Umkehr zum Leben

Nachhaltige Entwicklung im Zeichen des Klimawandels, Denkschrift des Rates der EKD, 2009, Hrsg. Gütersloher Verlagshaus, ISBN 978-3-579-05909-9

Leitgedanken der Denkschrift

Der Klimawandel vollzieht sich sehr viel dynamischer, als bis vor Kurzem noch angenommen wurde. Dass unsere Wirtschaftsaktivitäten dabei eine wichtige Rolle spielen, wird heute nur noch von wenigen bezweifelt. Ausschlaggebend sind die Emissionen von Treibhausgasen, vor allem von Kohlendioxid, die bei der Verbrennung von Kohle, Erdöl und Erdgas entstehen, sei es zur Stromerzeugung oder im Verkehr. Aber auch das Abbrennen von Wäldern sowie die Emissionen von Methan in der Viehwirtschaft und im Reisanbau sind von erheblicher Bedeutung. Eine Einschränkung von Treibhausgasemissionen ist daher unerlässlich.
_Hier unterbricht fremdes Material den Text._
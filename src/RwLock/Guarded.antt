-- ===== src/RwLock/Guarded.antt =====
-- Every call, and every end of a wait, leaves new readers let in, or a thread that writes, upgrades
-- or waits to write.
use libblocxx_deb.Prelude.{
  ℕ, ◌+◌, ◌≤◌, ◌<◌, ◌≡◌, ◌≢◌, refl, ◌⊎◌, Bool, true, false, Option, none, some, arith, get_elem?,
}
use libblocxx_deb.Prelude.Words.{inc, dec}
use libblocxx_deb.RwLock.Defs.{
  LockerInfo, Call, running, reading, writing, upgrading, Outcome, done, timeout_exception,
  deadlock_exception, lock_exception, assertion_exception, Thread, Lock, put, returns, waits_in,
  wake_reader, wake_writer, wake_at, notify_readers, notify_writers, notify_one_writer,
  acquire_read, release_read, acquire_write, release_write, acquire_read_loop, acquire_write_loop,
  upgrade_loop,
}
use libblocxx_deb.RwLock.Events.{time_out}
use libblocxx_deb.RwLock.Tally.{tally, tally-set, tally-map, tally_member}
use libblocxx_deb.RwLock.Kept.{at}

abbrev pub writing_as : Call → ℕ
writing_as writing = 1
writing_as _ = 0

abbrev pub awaits : Thread → ℕ
awaits t = writing_as t.call

-- Readers may enter, or a thread writes, upgrades or waits to write.
pub record IsGuarded (s : Lock) : Type 0 where
  pub guarded : (s.can_read ≡ true) ⊎ (0 < s.num_writers + tally awaits s.threads)

notify_readers-IsGuarded : (s : Lock) → IsGuarded s → IsGuarded (notify_readers s)
unfolding notify_readers
notify_readers-IsGuarded s v =
    ground (arith, v, tally-map awaits wake_reader s.threads (λ t. ground arith))

notify_writers-IsGuarded : (s : Lock) → IsGuarded s → IsGuarded (notify_writers s)
unfolding notify_writers
notify_writers-IsGuarded s v =
    ground (arith, v, tally-map awaits wake_writer s.threads (λ t. ground arith))

wake_at-IsGuarded :
    (j : ℕ) (o : Option Thread) (s : Lock)
    → get_elem? s.threads j ≡ o
    → IsGuarded s
    → IsGuarded (wake_at j o s)
wake_at-IsGuarded j none s g v = v
wake_at-IsGuarded j (some t) s g v =
    ground (arith, v, tally-set awaits s.threads j t (wake_writer t) g)

notify_one_writer-IsGuarded : (j : ℕ) (s : Lock) → IsGuarded s → IsGuarded (notify_one_writer j s)
unfolding notify_one_writer
notify_one_writer-IsGuarded j s v = wake_at-IsGuarded j (get_elem? s.threads j) s refl v

-- A change of thread `i` that leaves the counts of writers.
module _ (i : ℕ) (s : Lock) (v : IsGuarded s) (single : s.num_writers ≤ 1) (a : Bool)
    (o : Outcome) where
  pub put-IsGuarded :
      (t u : Thread) (r : Lock)
      → get_elem? s.threads i ≡ some t
      → r.threads ≡ s.threads
      → ((r.can_read ≡ true) ⊎ (0 < r.num_writers + awaits u))
        ⊎ ((r.can_read ≡ s.can_read) × (s.num_writers + awaits t ≤ r.num_writers + awaits u))
      → IsGuarded (put i u r)
  put-IsGuarded t u r g e h = record {
    guarded = rw e (
        ground (
          arith,
          v.guarded,
          tally-set awaits s.threads i t u g,
          tally_member awaits s.threads i t g,
        ));
  }

  pub acquire_read_loop-IsGuarded :
      (c : Call)
      → get_elem? s.threads i ≡ some (at none c a o)
      → c ≢ writing
      → IsGuarded (acquire_read_loop i (at none c a o) s)
  unfolding acquire_read_loop
  acquire_read_loop-IsGuarded c g n =
      let t = at none c a o in
      ground (
        arith,
        put-IsGuarded t (waits_in reading t) s g,
        put-IsGuarded t (returns done (some (record { read_count = 1; write_count = 0 })))
            (record s { num_readers = inc s.num_readers }) g,
      )

  pub acquire_read-IsGuarded :
      (info : Option LockerInfo)
      → get_elem? s.threads i ≡ some (at info running a o)
      → IsGuarded (acquire_read i (at info running a o) s)
  unfolding acquire_read
  acquire_read-IsGuarded none g = acquire_read_loop-IsGuarded running g (ground arith)
  acquire_read-IsGuarded (some ti) g =
      let t = at (some ti) running a o in
      ground (
        arith,
        put-IsGuarded t (returns done (some (record ti { read_count = inc ti.read_count }))) s g,
        put-IsGuarded t (returns assertion_exception t.info) s g,
      )

  pub release_read-IsGuarded :
      (info : Option LockerInfo)
      → get_elem? s.threads i ≡ some (at info running a o)
      → IsGuarded (release_read i (at info running a o) s)
  unfolding release_read
  release_read-IsGuarded none g =
      ground (arith, put-IsGuarded (at none running a o) (returns lock_exception none) s g)
  release_read-IsGuarded (some ti) g =
      let t = at (some ti) running a o in
      let u : Lock = record s { num_readers = dec s.num_readers } in
      ground (
        arith,
        put-IsGuarded t (returns lock_exception t.info) s g,
        put-IsGuarded t (returns done none) u g,
        put-IsGuarded t (returns done (some (record ti { read_count = dec ti.read_count }))) s g,
        notify_writers-IsGuarded (put i (returns done none) u),
      )

  pub acquire_write_loop-IsGuarded :
      (c : Call)
      → get_elem? s.threads i ≡ some (at none c a o)
      → IsGuarded (acquire_write_loop i (at none c a o) s)
  unfolding acquire_write_loop
  acquire_write_loop-IsGuarded c g =
      let t = at none c a o in
      ground (
        arith,
        put-IsGuarded t (waits_in writing t) (record s { can_read = false }) g,
        put-IsGuarded t (returns done (some (record { read_count = 0; write_count = 1 })))
            (record s { num_writers = inc s.num_writers; can_read = false }) g,
      )

  pub upgrade_loop-IsGuarded :
      (ti : LockerInfo)
      → get_elem? s.threads i ≡ some (at (some ti) upgrading a o)
      → 0 < s.num_writers
      → IsGuarded (upgrade_loop ti i (at (some ti) upgrading a o) s)
  unfolding upgrade_loop
  upgrade_loop-IsGuarded ti g w =
      let t = at (some ti) upgrading a o in
      ground (
        arith,
        put-IsGuarded t (waits_in upgrading t) (record s { can_read = false }) g,
        put-IsGuarded t (returns done (some (record ti { write_count = inc ti.write_count }))) s g,
      )

  pub acquire_write-IsGuarded :
      (info : Option LockerInfo)
      → get_elem? s.threads i ≡ some (at info running a o)
      → IsGuarded (acquire_write i (at info running a o) s)
  unfolding acquire_write upgrade_loop
  acquire_write-IsGuarded none g = acquire_write_loop-IsGuarded running g
  acquire_write-IsGuarded (some ti) g =
      let t = at (some ti) running a o in
      let w = returns done (some (record ti { write_count = inc ti.write_count })) in
      let u : Lock = record s {
        num_readers = dec s.num_readers;
        num_writers = inc s.num_writers;
      } in
      ground (
        arith,
        put-IsGuarded t (returns assertion_exception t.info) s g,
        put-IsGuarded t (returns deadlock_exception t.info) s g,
        put-IsGuarded t w s g,
        put-IsGuarded t w u g,
        put-IsGuarded t (waits_in upgrading t) (record u { can_read = false }) g,
      )

  pub release_write-IsGuarded :
      (j : ℕ) (info : Option LockerInfo)
      → get_elem? s.threads i ≡ some (at info running a o)
      → IsGuarded (release_write j i (at info running a o) s)
  unfolding release_write
  release_write-IsGuarded j none g =
      ground (arith, put-IsGuarded (at none running a o) (returns lock_exception none) s g)
  release_write-IsGuarded j (some ti) g =
      let t = at (some ti) running a o in
      let left : LockerInfo = record ti { write_count = dec ti.write_count } in
      let u : Lock = record s { num_writers = dec s.num_writers } in
      let r : Lock = record u { can_read = true; num_readers = inc u.num_readers } in
      let q : Lock = put i (returns done none) (record u { can_read = true }) in
      ground (
        arith,
        put-IsGuarded t (returns lock_exception t.info) s g,
        put-IsGuarded t (returns done (some left)) s g,
        put-IsGuarded t (returns assertion_exception (some left)) u g,
        put-IsGuarded t (returns done (some left)) r g,
        put-IsGuarded t (returns done none) (record u { can_read = true }) g,
        notify_readers-IsGuarded (put i (returns done (some left)) r),
        notify_one_writer-IsGuarded j q,
        notify_readers-IsGuarded (notify_one_writer j q),
      )

  pub time_out-IsGuarded :
      (info : Option LockerInfo) (c : Call)
      → get_elem? s.threads i ≡ some (at info c a o)
      → IsGuarded (time_out i (at info c a o) s)
  unfolding time_out
  time_out-IsGuarded info c g =
      let t = at info c a o in
      let u = returns timeout_exception info in
      let back : Lock = record s {
        num_readers = inc s.num_readers;
        num_writers = dec s.num_writers;
      } in
      ground (
        arith,
        v,
        put-IsGuarded t u s g,
        put-IsGuarded t u (record s { can_read = true }) g,
        put-IsGuarded t u (record back { can_read = true }) g,
        notify_readers-IsGuarded (put i u (record s { can_read = true })),
        notify_readers-IsGuarded (put i u (record back { can_read = true })),
      )
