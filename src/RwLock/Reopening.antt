-- ===== src/RwLock/Reopening.antt =====
-- The lock does not stay shut to readers once nobody has it or waits to write.
use libblocxx_deb.Prelude.{
  ℕ, ◌+◌, ◌^◌, ◌<◌, ◌≡◌, ◌≢◌, refl, Bool, false, Option, none, some, List, [], ◌∷◌, arith,
  get_elem?, length,
}
use libblocxx_deb.RwLock.Defs.{
  LockerInfo, Call, running, writing, upgrading, Outcome, done, Thread, Lock, returns, acquire_read,
  acquire_read_loop,
}
use libblocxx_deb.RwLock.Events.{
  resume, Event, acquires_read, acquires_write, releases_read, wakes, resumes, times_out,
  releases_write, actor, act, act_at, step, run, create,
}
use libblocxx_deb.RwLock.Tally.{tally_none, tally_member, get_elem?-set_at}
use libblocxx_deb.RwLock.Counts.{owns, upgrades, fault, Inv}
use libblocxx_deb.RwLock.Kept.{at}
use libblocxx_deb.RwLock.Exclusion.{step-Inv, create-Inv, reached}
use libblocxx_deb.RwLock.Guarded.{
  awaits, IsGuarded, put-IsGuarded, acquire_read_loop-IsGuarded, acquire_read-IsGuarded,
  release_read-IsGuarded, acquire_write_loop-IsGuarded, upgrade_loop-IsGuarded,
  acquire_write-IsGuarded, release_write-IsGuarded, time_out-IsGuarded,
}

module _ (k i : ℕ) (s : Lock) (inv : Inv k s) (v : IsGuarded s) (a : Bool) (o : Outcome) where
  resume-IsGuarded :
      (info : Option LockerInfo) (c : Call)
      → get_elem? s.threads i ≡ some (at info c a o)
      → IsGuarded (resume i (at info c a o) s)
  unfolding resume
  resume-IsGuarded none c g = ground (
    arith,
    v,
    inv,
    acquire_read_loop-IsGuarded i s v inv.single a o c g,
    acquire_write_loop-IsGuarded i s v inv.single a o c g,
  )
  resume-IsGuarded (some ti) upgrading g = ground (
    arith,
    v,
    inv,
    tally_member upgrades s.threads i (at (some ti) upgrading a o) g,
    upgrade_loop-IsGuarded i s v inv.single a o ti g,
  )
  resume-IsGuarded (some ti) _ g = ground (arith, v)

  act-IsGuarded :
      (e : Event) (info : Option LockerInfo) (c : Call)
      → get_elem? s.threads i ≡ some (at info c a o)
      → IsGuarded (act e i (at info c a o) s)
  unfolding act
  act-IsGuarded (acquires_read _) info running g =
      acquire_read-IsGuarded i s v inv.single a o info g
  act-IsGuarded (acquires_read _) info _ g = v
  act-IsGuarded (acquires_write _) info running g =
      acquire_write-IsGuarded i s v inv.single a o info g
  act-IsGuarded (acquires_write _) info _ g = v
  act-IsGuarded (releases_read _) info running g =
      release_read-IsGuarded i s v inv.single a o info g
  act-IsGuarded (releases_read _) info _ g = v
  act-IsGuarded (releases_write j _) info running g =
      release_write-IsGuarded i s v inv.single a o j info g
  act-IsGuarded (releases_write j _) info _ g = v
  act-IsGuarded (wakes _) info c g =
      ground
        (arith, put-IsGuarded i s v inv.single a o (at info c a o) (at info c false o) s g refl)
  act-IsGuarded (resumes _) info c g = resume-IsGuarded info c g
  act-IsGuarded (times_out _) info c g = time_out-IsGuarded i s v inv.single a o info c g

act_at-IsGuarded :
    (k : ℕ) (e : Event) (i : ℕ) (o : Option Thread) (s : Lock)
    → get_elem? s.threads i ≡ o
    → Inv k s
    → IsGuarded s
    → IsGuarded (act_at e i o s)
act_at-IsGuarded k e i none s g inv v = v
act_at-IsGuarded k e i (some t) s g inv v =
    act-IsGuarded k i s inv v t.asleep t.outcome e t.info t.call g

step-IsGuarded : (k : ℕ) (e : Event) (s : Lock) → Inv k s → IsGuarded s → IsGuarded (step e s)
unfolding step
step-IsGuarded k e s inv v =
    act_at-IsGuarded k e (actor e) (get_elem? s.threads (actor e)) s refl inv v

run-IsGuarded :
    (k : ℕ) (es : List Event) (s : Lock)
    → k + length es < 2 ^ 32
    → Inv k s
    → IsGuarded s
    → IsGuarded (run es s)
unfolding run
run-IsGuarded k [] s h inv v = v
run-IsGuarded k (e ∷ es) s h inv v =
    run-IsGuarded (k + 1) es (step e s) (omega arith) (step-Inv k e s (omega arith) inv)
      (step-IsGuarded k e s inv v)

create-IsGuarded : (n : ℕ) → IsGuarded (create n)
unfolding create
create-IsGuarded n = ground arith

module _ (k i : ℕ) (s : Lock) (inv : Inv k s) (v : IsGuarded s) where
  abbrev Quiet : Type 0
  Quiet =
      (j : ℕ) (u : Thread) → get_elem? s.threads j ≡ some u → (u.info ≡ none) × (u.call ≢ writing)

  counts_nothing :
      Quiet
      → (j : ℕ) (u : Thread) → get_elem? s.threads j ≡ some u
      → (owns u ≡ 0) × (upgrades u ≡ 0) × (awaits u ≡ 0)
  counts_nothing h j u g = ground (arith, inv, h j u g, tally_member fault s.threads j u g)

  admitted_at :
      (a : Bool) (o : Outcome)
      → get_elem? s.threads i ≡ some (at none running a o)
      → Quiet
      → get_elem? (acquire_read i (at none running a o) s).threads i
        ≡ some (returns done (some (record { read_count = 1; write_count = 0 })))
  unfolding acquire_read acquire_read_loop
  admitted_at a o g h = ground (
    arith,
    inv,
    v,
    get_elem?-set_at s.threads i (at none running a o)
        (returns done (some (record { read_count = 1; write_count = 0 }))) g,
    tally_none owns s.threads (λ j u e. (counts_nothing h j u e).0),
    tally_none upgrades s.threads (λ j u e. (counts_nothing h j u e).1),
    tally_none awaits s.threads (λ j u e. (counts_nothing h j u e).2),
  )

  admitted :
      (t : Thread)
      → get_elem? s.threads i ≡ some t
      → t.call ≡ running
      → Quiet
      → get_elem? (step (acquires_read i) s).threads i
        ≡ some (returns done (some (record { read_count = 1; write_count = 0 })))
  unfolding step act
  admitted t g c h = ground (arith, h i t g, admitted_at t.asleep t.outcome)

-- After any run of fewer than 2 ^ 32 events, when no thread has the lock and none waits to write, a
-- thread that asks to read gets the lock at once.
pub run-admitted :
    (n : ℕ) (es : List Event) (i : ℕ) (t : Thread)
    → length es < 2 ^ 32
    → get_elem? (run es (create n)).threads i ≡ some t
    → t.call ≡ running
    → ((j : ℕ) (u : Thread)
        → get_elem? (run es (create n)).threads j ≡ some u
        → (u.info ≡ none) × (u.call ≢ writing))
    → get_elem? (step (acquires_read i) (run es (create n))).threads i
      ≡ some (returns done (some (record { read_count = 1; write_count = 0 })))
run-admitted n es i t h =
    admitted (length es) i (run es (create n)) (reached n es h)
      (run-IsGuarded 0 es (create n) (omega arith) (create-Inv n) (create-IsGuarded n)) t
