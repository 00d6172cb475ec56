-- ===== src/RwLock/Tests.antt =====
-- A lock used by few threads, run on concrete calls.
use libblocxx_deb.Prelude.{
  ℕ, zero, suc, ◌≡◌, ◌≢◌, refl, none, some, List, [], ◌∷◌, arith, get_elem?,
}
use libblocxx_deb.RwLock.Defs.{writing, LockerInfo, reading, done, Thread, returns, waits_in}
use libblocxx_deb.RwLock.Events.{
  Event, acquires_read, acquires_write, resumes, releases_write, step, run, create,
}
use libblocxx_deb.RwLock.Exclusion.{run-alone, run-granted, written}

abbrev read_once : LockerInfo
read_once = record { read_count = 1; write_count = 0 }

abbrev write_once : LockerInfo
write_once = record { read_count = 0; write_count = 1 }

-- A writer keeps a reader waiting, which goes on after the release.
abbrev write_first : List Event
write_first = acquires_write 0 ∷ acquires_read 1 ∷ []

waits_for_writer :
    (run write_first (create 2)).threads
    ≡ returns done (some write_once) ∷ waits_in reading (returns done none) ∷ []
unfolding run create
waits_for_writer = refl

reads_after_writer :
    (run (releases_write 0 0 ∷ resumes 1 ∷ []) (run write_first (create 2))).threads
    ≡ returns done none ∷ returns done (some read_once) ∷ []
unfolding run create
reads_after_writer = refl

run-alone_example : (waits_in reading (returns done none)).info ≡ none
unfolding run create
run-alone_example =
    run-alone 2 write_first 0 1 (returns done (some write_once))
      (waits_in reading (returns done none)) write_once (omega arith) (λ e. absurd (omega arith))
      refl refl refl refl

-- Two readers, of which the second waits to upgrade.
abbrev two_readers : List Event
two_readers = acquires_read 0 ∷ acquires_read 1 ∷ acquires_write 1 ∷ []

-- One reader, and another thread that has nothing.
abbrev one_reader : List Event
one_reader = acquires_read 0 ∷ []

no_other :
    (j : ℕ) (u : Thread)
    → j ≢ 0
    → get_elem? (run one_reader (create 2)).threads j ≡ some u
    → u.info ≡ none
unfolding run create
no_other zero u n e = absurd (n refl)
no_other (suc zero) u n e = ground arith
no_other (suc (suc j)) u n e = ground arith

run-granted_example :
    get_elem? (step (acquires_write 0) (run one_reader (create 2))).threads 0
    ≡ some (returns done (some (written (some read_once))))
unfolding run create
run-granted_example =
    run-granted 2 one_reader 0 (returns done (some read_once)) (omega arith) refl refl no_other

-- A writer has come and gone.
abbrev write_over : List Event
write_over = acquires_write 0 ∷ releases_write 1 0 ∷ []

all_quiet :
    (j : ℕ) (u : Thread)
    → get_elem? (run write_over (create 2)).threads j ≡ some u
    → (u.info ≡ none) × (u.call ≢ writing)
unfolding run create
all_quiet zero u e = ground arith
all_quiet (suc zero) u e = ground arith
all_quiet (suc (suc j)) u e = ground arith
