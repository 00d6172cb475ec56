-- ===== src/Serialization.antt =====
-- src/blocxx/BinarySerialization.hpp and .cpp: values as bytes on a stream, and back.
pub mod Stream
pub mod Values
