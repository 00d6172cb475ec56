-- ===== src/Serialization/Stream.antt =====
-- src/blocxx/BinarySerialization.cpp: bytes to and from a stream, and the lengths before values. A
-- stream that is read is the bytes that are still in it; what is written is a list of bytes.
use libblocxx_deb.Prelude.{
  ℕ, zero, suc, ◌^◌, ◌%◌, List, [], ◌∷◌, bit_and, bit_or, if◌then◌else◌, ltb, leb, ◌==◌, length,
  take, drop,
}
use libblocxx_deb.Prelude.Bits.{◌<<◌, ◌>>◌}

abbrev pub Bytes : Type 0
Bytes = List ℕ

-- A value and the stream behind it, a `BadSignatureException` with the stream as it is left, an
-- `IOException`, a store past the end of the buffer, or no end.
pub data Outcome (A : Type 0) : Type 0 where
  done : A → Bytes → Outcome A
  bad_signature : Bytes → Outcome A
  io_error : Outcome A
  overrun : Outcome A
  stalled : Outcome A

abbrev pub Reader : Type 0 → Type 0
Reader A = Bytes → Outcome A

abbrev pub after : {A B : Type 0} → Outcome A → (A → Reader B) → Outcome B
after (done a s) f = f a s
after (bad_signature s) f = bad_signature s
after io_error f = io_error
after overrun f = overrun
after stalled f = stalled

infixl 5 ◌>>=◌
abbrev pub ◌>>=◌ : {A B : Type 0} → Reader A → (A → Reader B) → Reader B
(m >>= f) s = after (m s) f

abbrev pub ok : {A : Type 0} → A → Reader A
ok a s = done a s

-- `read` of that many bytes.
unfoldable pub read : ℕ → Reader Bytes
read n s = if leb n (length s) then done (take n s) (drop n s) else io_error

abbrev pub first : Bytes → ℕ
first [] = 0
first (b ∷ s) = b

abbrev pub read_byte : Reader ℕ
read_byte = do s ← read 1; ok (first s)

unfoldable pub verify_signature : ℕ → Reader (Unit {0})
verify_signature valid_sig = do
  val ← read_byte
  if val == valid_sig then ok tt else (λ s. bad_signature s)

-- The last `n` bytes of a number, the lowest one written last.
abbrev pub octets : ℕ → ℕ → Bytes → Bytes
octets zero len net = net
octets (suc n) len net = octets n (len >> 8) (bit_and len 255 ∷ net)

abbrev pub length_length : ℕ → ℕ
length_length len =
    if ltb len (1 << 8)
    then 1
    else if ltb len (1 << 16)
    then 2
    else if ltb len (1 << 24)
    then 3
    else 4

unfoldable pub write_len : ℕ → Bytes
write_len len =
    if ltb len 128
    then len ∷ []
    else bit_or (length_length len) 128 ∷ octets (length_length len) len []

abbrev pub join : ℕ → Bytes → ℕ
join len [] = len
join len (b ∷ net) = join (bit_or ((len << 8) % 2 ^ 32) b) net

-- The length that the first byte tells, or the number of bytes that follow for it.
abbrev pub len_from : ℕ → Reader ℕ
len_from lc =
    if bit_and lc 128 == 0
    then ok lc
    else if ltb 4 (bit_and lc 127)
    then (λ s. io_error)
    else (do net ← read (bit_and lc 127); ok (join 0 net))

unfoldable pub read_len : Reader ℕ
read_len = do lc ← read_byte; len_from lc
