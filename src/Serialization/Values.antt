-- ===== src/Serialization/Values.antt =====
-- src/blocxx/BinarySerialization.hpp: numbers, truth values, texts and arrays of texts, with
-- src/blocxx/String.cpp and Bool.cpp; the enumeration of values up to an end mark.
pub mod Sizes
pub mod RoundTrip
pub mod Progress
pub mod Enumeration
pub mod Buffers
mod Tests
use libblocxx_deb.Prelude.{
  ℕ, zero, suc, ◌+◌, ◌^◌, ◌%◌, Bool, true, false, List, [], ◌∷◌, ◌++◌, Option, none, some,
  if◌then◌else◌, leb, ltb, ◌==◌, not, length, take, drop, min,
}
use libblocxx_deb.Serialization.Stream.{
  Bytes, Outcome, done, bad_signature, io_error, overrun, stalled, Reader, ◌>>=◌, after, ok, read,
  read_byte, verify_signature, octets, join, write_len, read_len,
}

abbrev pub String : Type 0
String = Bytes

-- A number of `w` bytes in network order.
unfoldable pub write_number : ℕ → ℕ → Bytes
write_number w val = octets w val []

unfoldable pub read_number : ℕ → Reader ℕ
read_number w = do net ← read w; ok (join 0 net)

abbrev pub write_object_bool : Bool → Bytes
write_object_bool true = 1 ∷ []
write_object_bool false = 0 ∷ []

abbrev pub read_object_bool : Reader Bool
read_object_bool = do v ← read_byte; ok (not (v == 0))

-- The length of a text as a word of 32 bits; no more bytes than that are written.
unfoldable pub write_object : String → Bytes
write_object s =
    let len = length s % 2 ^ 32 in write_len len ++ (if len == 0 then [] else take len s)

-- The bytes go into a buffer of `size`, and a zero behind them.
abbrev pub read_into : ℕ → ℕ → Reader String
read_into size len s =
    if leb (min len (length s)) size
    then (if leb len (length s)
        then (if ltb len size then done (take len s) (drop len s) else overrun)
        else io_error)
    else overrun

unfoldable pub read_object : Reader String
read_object = do len ← read_len; read_into ((len + 1) % 2 ^ 32) len

unfoldable pub write_bool : Bool → Bytes
write_bool arg = 104 ∷ write_object_bool arg

unfoldable pub read_bool : Reader Bool
read_bool = do _ ← verify_signature 104; read_object_bool

unfoldable pub write_string : String → Bytes
write_string str = 106 ∷ write_object str

unfoldable pub read_string : Reader String
read_string = do _ ← verify_signature 106; read_object

abbrev pub write_each : List String → Bytes
write_each [] = []
write_each (x ∷ a) = write_object x ++ write_each a

unfoldable pub write_array : List String → Bytes
write_array a = let len = length a % 2 ^ 32 in write_len len ++ write_each (take len a)

abbrev pub read_each : ℕ → Reader (List String)
read_each zero = ok []
read_each (suc n) = do x ← read_object; a ← read_each n; ok (x ∷ a)

unfoldable pub read_array : Reader (List String)
read_array = do len ← read_len; read_each len

unfoldable pub write_string_array : List String → Bytes
write_string_array stra = 107 ∷ write_array stra

unfoldable pub read_string_array : Reader (List String)
read_string_array = do _ ← verify_signature 107; read_array

-- Through a pointer that may be null.
unfoldable pub write_string_array_or_null : Option (List String) → Bytes
write_string_array_or_null none = write_bool true
write_string_array_or_null (some property_list) =
    write_bool false ++ write_string_array property_list

-- `try` with a handler of the `BadSignatureException`; behind the `try` the run goes on with `f`.
abbrev pub caught : {A B : Type 0} → Outcome A → Reader B → (A → Reader B) → Outcome B
caught (done x s) handler f = f x s
caught (bad_signature s) handler f = handler s
caught io_error handler f = io_error
caught overrun handler f = overrun
caught stalled handler f = stalled

-- The loop of `readEnum`: a signature that `read` refuses ends it, and the end mark is behind.
abbrev pub read_enum_from : {A : Type 0} → ℕ → Reader A → ℕ → Reader (List A)
read_enum_from zero read_one end_sig s = stalled
read_enum_from (suc fuel) read_one end_sig s =
    caught (read_one s) (do _ ← verify_signature end_sig; ok [])
      (λ x. do xs ← read_enum_from fuel read_one end_sig; ok (x ∷ xs))

-- One turn for each byte, and one for the end.
unfoldable pub read_enum : {A : Type 0} → Reader A → ℕ → ℕ → Reader (List A)
read_enum read_one begin_sig end_sig = do
  _ ← verify_signature begin_sig
  λ s. read_enum_from (suc (length s)) read_one end_sig s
Nur wenn es auf diesem Wege gelingt, den mittleren Temperaturanstieg auf 2° C zu begrenzen, bleibt dieser in einem Rahmen, innerhalb dessen Vorkehrungen für eine Anpassung an jetzt schon unvermeidliche Veränderungen der Umweltbedingungen Erfolg versprechen. (Kapitel 2, S. 22ff .) Die Auswirkungen des Klimawandels sind vielfältig. Höhere Temperaturen werden die Niederschlagsmengen und -muster verändern, sie werden zu häufigeren und intensiveren Dürren, Überschwemmungen und Stürmen führen. Insbesondere die tropischen und subtropischen Länder werden von diesen Veränderungen betroff en sein. Ihre landwirtschaftlichen Erträge werden sinken und ihre Bevölkerungen werden vermehrt unter Wasserknappheit leiden. Dadurch wird es in vielen Ländern, insbesondere in Subsahara-Afrika, erheblich schwerer werden, die Armut zu verringern und die Millenniumsziele der Vereinten Nationen zu erreichen. Dies trifft sogar auf Länder wie China und Indien zu, die in den vergangenen zehn Jahren hohe Wachstumsraten erreicht haben und in denen die absolute Zahl der Menschen, die über kein geregeltes oder nur ein geringes Einkommen verfügen, zurückgegangen ist. Denn das Wirtschaftswachstum in diesen Ländern hat ihre Ökosysteme stark belastet; der Klimawandel wird diese Belastung verstärken. (Kapitel 3, S. 52ff .)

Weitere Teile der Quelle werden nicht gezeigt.